**WHAT THIS TASK INVOLVES**
The word "antt" occurs in some lines of the listing. Copy those lines.

######

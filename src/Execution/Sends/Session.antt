-- ===== src/Execution/Sends/Session.antt =====
-- src/execution/coordinator.ts: what holds over the whole life of a coordinator.
use multi_venue_grid_engine.Base.{ℕ, ◌≡◌, sym, subst, List, [], text_eq}
use multi_venue_grid_engine.Execution.Registry.Terminal
use multi_venue_grid_engine.Execution.Registry.Terminal.{
  is_terminal, terminal-constant, AllBounded, path-AllBounded,
}
use multi_venue_grid_engine.Execution.Steps.{Machine, Deps}
use multi_venue_grid_engine.Execution.Session.{Operation, run_operations}
use multi_venue_grid_engine.Execution.Sends.{AllSound, IsGood}
use multi_venue_grid_engine.Execution.Sends.Operations.{run-Good}

module _ {W : Type 0} (D : Deps W) (rounds : ℕ) (ops : List Operation) (m : Machine W)
    (empty : m.trace ≡ []) where
  reached : IsGood D m.coordinator.registry (run_operations D rounds ops m)
  reached =
      run-Good D m.coordinator.registry rounds ops m
        (record { path = Terminal.start; sends = subst AllSound (sym empty) tt })

  -- Whatever operations run one after the other, from an empty trace: every place was sent directly after
  -- a durable write of a registry that holds its intent as prepared, and, where it increases risk, while
  -- the continuation was granted and no execution blocker stood; and every cancel was sent directly
  -- after a durable write of a registry that holds it as pending for the order that it names.
  pub run_operations-AllSound : AllSound (run_operations D rounds ops m).trace
  run_operations-AllSound = reached.sends
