-- ===== src/Persistence/Binary.antt =====
-- common/binary_io.hpp: plain numbers and blocks of bytes in a stream. A number stands as the bytes
-- of its object, the lowest first, as on the little-endian machines that the program is built for.
-- A stream is the list of its bytes; a read that finds too few throws, which is `none`.
use vertex_db.Base.{
  ℕ, zero, suc, ◌+◌, ◌*◌, ◌/◌, ◌%◌, ◌<◌, ◌^◌, ◌≡◌, refl, subst, ap, Option, none, some, List, [],
  ◌∷◌, ◌++◌, arith, length, Option-cases, inl, inr,
}
use native.Mathlib.Nat.{pow-suc}

abbrev pub Bytes : Type 0
Bytes = List ℕ

infixl 5 ◌>>=◌
abbrev pub ◌>>=◌ {ℓ κ} : {A : Type ℓ} {B : Type κ} → Option A → (A → Option B) → Option B
none >>= f = none
some a >>= f = f a

-- writePod of a number of `width` bytes
unfoldable pub write_pod : ℕ → ℕ → Bytes
write_pod zero n = []
write_pod (suc width) n = (n % 256) ∷ write_pod width (n / 256)

-- readBytes
unfoldable pub read_bytes : ℕ → Bytes → Option (Bytes × Bytes)
read_bytes zero input = some ([], input)
read_bytes (suc n) [] = none
read_bytes (suc n) (b ∷ input) = do r ← read_bytes n input; some (b ∷ r.0, r.1)

unfoldable pub number_of : Bytes → ℕ
number_of [] = 0
number_of (b ∷ bytes) = b + 256 * number_of bytes

-- readPod of a number of `width` bytes
unfoldable pub read_pod : ℕ → Bytes → Option (ℕ × Bytes)
unfolding read_bytes number_of
read_pod width input = do r ← read_bytes width input; some (number_of r.0, r.1)

pub read_bytes-append :
    (bytes rest : Bytes) → read_bytes (length bytes) (bytes ++ rest) ≡ some (bytes, rest)
unfolding read_bytes
read_bytes-append [] rest = refl
read_bytes-append (b ∷ bytes) rest = rw (read_bytes-append bytes rest)

pub length-write_pod : (width n : ℕ) → length (write_pod width n) ≡ width
unfolding write_pod
length-write_pod zero n = refl
length-write_pod (suc width) n = ap suc (length-write_pod width (n / 256))

number_of-write_pod : (width n : ℕ) → n < 256 ^ width → number_of (write_pod width n) ≡ n
unfolding number_of write_pod
number_of-write_pod zero n h = omega arith
number_of-write_pod (suc width) n h = omega (
  arith,
  number_of-write_pod width (n / 256)
      (omega (arith, (λ (e : 256 ^ suc width ≡ 256 ^ width * 256). e) (pow-suc 256 width))),
)

-- A read that succeeds does so with more bytes behind, and leaves them.
pub read_bytes_more :
    (n : ℕ) (input more : Bytes) (r : Bytes × Bytes)
    → read_bytes n input ≡ some r
    → read_bytes n (input ++ more) ≡ some (r.0, r.1 ++ more)
unfolding read_bytes
read_bytes_more zero input more r h = ground arith
read_bytes_more (suc n) [] more r h = cc
read_bytes_more (suc n) (b ∷ input) more r h = elim (Option-cases (read_bytes n input)) [
  | inl e ↦ ground arith
  | inr (q, e) ↦ ground (arith, read_bytes_more n input more q e)
]

-- A number that fits its width is read back, and what follows it is left.
pub read_pod-write_pod :
    (width n : ℕ) (rest : Bytes)
    → n < 256 ^ width
    → read_pod width (write_pod width n ++ rest) ≡ some (n, rest)
unfolding read_pod
read_pod-write_pod width n rest h =
    let bytes =
      subst (λ w. read_bytes w (write_pod width n ++ rest) ≡ some (write_pod width n, rest))
        (length-write_pod width n) (read_bytes-append (write_pod width n) rest) in
    rw bytes (ground (arith, number_of-write_pod width n h))

pub read_pod_more :
    (width : ℕ) (input more : Bytes) (r : ℕ × Bytes)
    → read_pod width input ≡ some r
    → read_pod width (input ++ more) ≡ some (r.0, r.1 ++ more)
unfolding read_pod
read_pod_more width input more r h = elim (Option-cases (read_bytes width input)) [
  | inl e ↦ ground arith
  | inr (q, e) ↦ ground (arith, read_bytes_more width input more q e)
]
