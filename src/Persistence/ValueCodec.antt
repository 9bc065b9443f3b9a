-- ===== src/Persistence/ValueCodec.antt =====
-- persistence/tcrdb_value_codec.cpp and the constants of tcrdb_detail.hpp: values in a database file.
-- A value that cannot be written makes the writer throw, which is `none`; what it had put into the
-- stream by then is not kept.
pub mod RoundTrip
use vertex_db.Base.{
  ℕ, zero, suc, ◌+◌, ◌-◌, ◌%◌, Bool, Option, none, some, List, [], ◌∷◌, ◌++◌, ◌==◌, ltb,
  if◌then◌else◌, length, Text,
}
use vertex_db.Base.Int.{ℤ, pos, negsuc}
use vertex_db.Common.Value.{
  Value, Values, null, int, double, string, parameter, composite, nil, cons, make_composite, Row,
}
use vertex_db.Persistence.Binary.{Bytes, write_pod, read_pod, read_bytes, ◌>>=◌}

abbrev pub null_value_type : ℕ
null_value_type = 255

abbrev pub composite_value_type : ℕ
composite_value_type = 254

-- An int64_t in two's complement
unfoldable pub bits_of : ℤ → ℕ
bits_of (pos n) = n % 18446744073709551616
bits_of (negsuc n) = 18446744073709551615 - n % 18446744073709551616

unfoldable pub int_of : ℕ → ℤ
int_of bits =
    if ltb bits 9223372036854775808 then pos bits else negsuc (18446744073709551615 - bits)

unfoldable pub write_string : Text → Bytes
write_string value = write_pod 8 (length value) ++ value

unfoldable pub read_string : Bytes → Option (Text × Bytes)
read_string input = do size ← read_pod 8 input; read_bytes size.0 size.1

unfoldable pub part_count : Values → ℕ
part_count nil = 0
part_count (cons v vs) = suc (part_count vs)

-- writeValue, and its loop over the parts of a composite
unfoldable mutual
  pub write_value : Value → Option Bytes
  write_value null = some (write_pod 1 null_value_type)
  write_value (int i) = some (write_pod 1 0 ++ write_pod 8 (bits_of i))
  write_value (double d) = some (write_pod 1 1 ++ write_pod 8 d)
  write_value (string s) = some (write_pod 1 2 ++ write_string s)
  write_value (parameter i) = none
  write_value (composite vs) = do
    parts ← write_parts vs
    some (write_pod 1 composite_value_type ++ (write_pod 8 (part_count vs) ++ parts))

  pub write_parts : Values → Option Bytes
  write_parts nil = some []
  write_parts (cons v vs) = do
    first ← write_value v
    others ← write_parts vs
    some (first ++ others)

-- readValue and its loop over the parts of a composite, on fuel for the depth of the calls.
unfoldable mutual
  pub read_fueled : ℕ → Bytes → Option (Value × Bytes)
  read_fueled zero input = none
  read_fueled (suc fuel) input = do
    kind ← read_pod 1 input
    if kind.0 == null_value_type
        then some (null, kind.1)
        else if kind.0 == composite_value_type
        then (do
          count ← read_pod 8 kind.1
          parts ← read_parts fuel count.0 count.1
          v ← make_composite parts.0
          some (v, parts.1))
        else if kind.0 == 0
        then (do bits ← read_pod 8 kind.1; some (int (int_of bits.0), bits.1))
        else if kind.0 == 1
        then (do bits ← read_pod 8 kind.1; some (double bits.0, bits.1))
        else if kind.0 == 2
        then (do s ← read_string kind.1; some (string s.0, s.1))
        else none

  pub read_parts : ℕ → ℕ → Bytes → Option (Values × Bytes)
  read_parts zero n input = none
  read_parts (suc fuel) zero input = some (nil, input)
  read_parts (suc fuel) (suc n) input = do
    first ← read_fueled fuel input
    others ← read_parts fuel n first.1
    some (cons first.0 others.0, others.1)

-- readValue: a call further down has fewer bytes left, so the number of bytes is fuel enough.
unfoldable pub read_value : Bytes → Option (Value × Bytes)
read_value input = read_fueled (suc (length input)) input

-- readRow
unfoldable pub read_row : ℕ → Bytes → Option (Row × Bytes)
unfolding read_value
read_row zero input = some ([], input)
read_row (suc n) input = do
  first ← read_value input
  others ← read_row n first.1
  some (first.0 ∷ others.0, others.1)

######

**SOLUTION TO THIS TASK**
filename src/Execution/Sends/Session.antt
-- ===== src/Execution/Sends/Session.antt =====
-- ===== src/Persistence/Binary.antt =====
filename src/Persistence/ValueCodec.antt
-- ===== src/Persistence/ValueCodec.antt =====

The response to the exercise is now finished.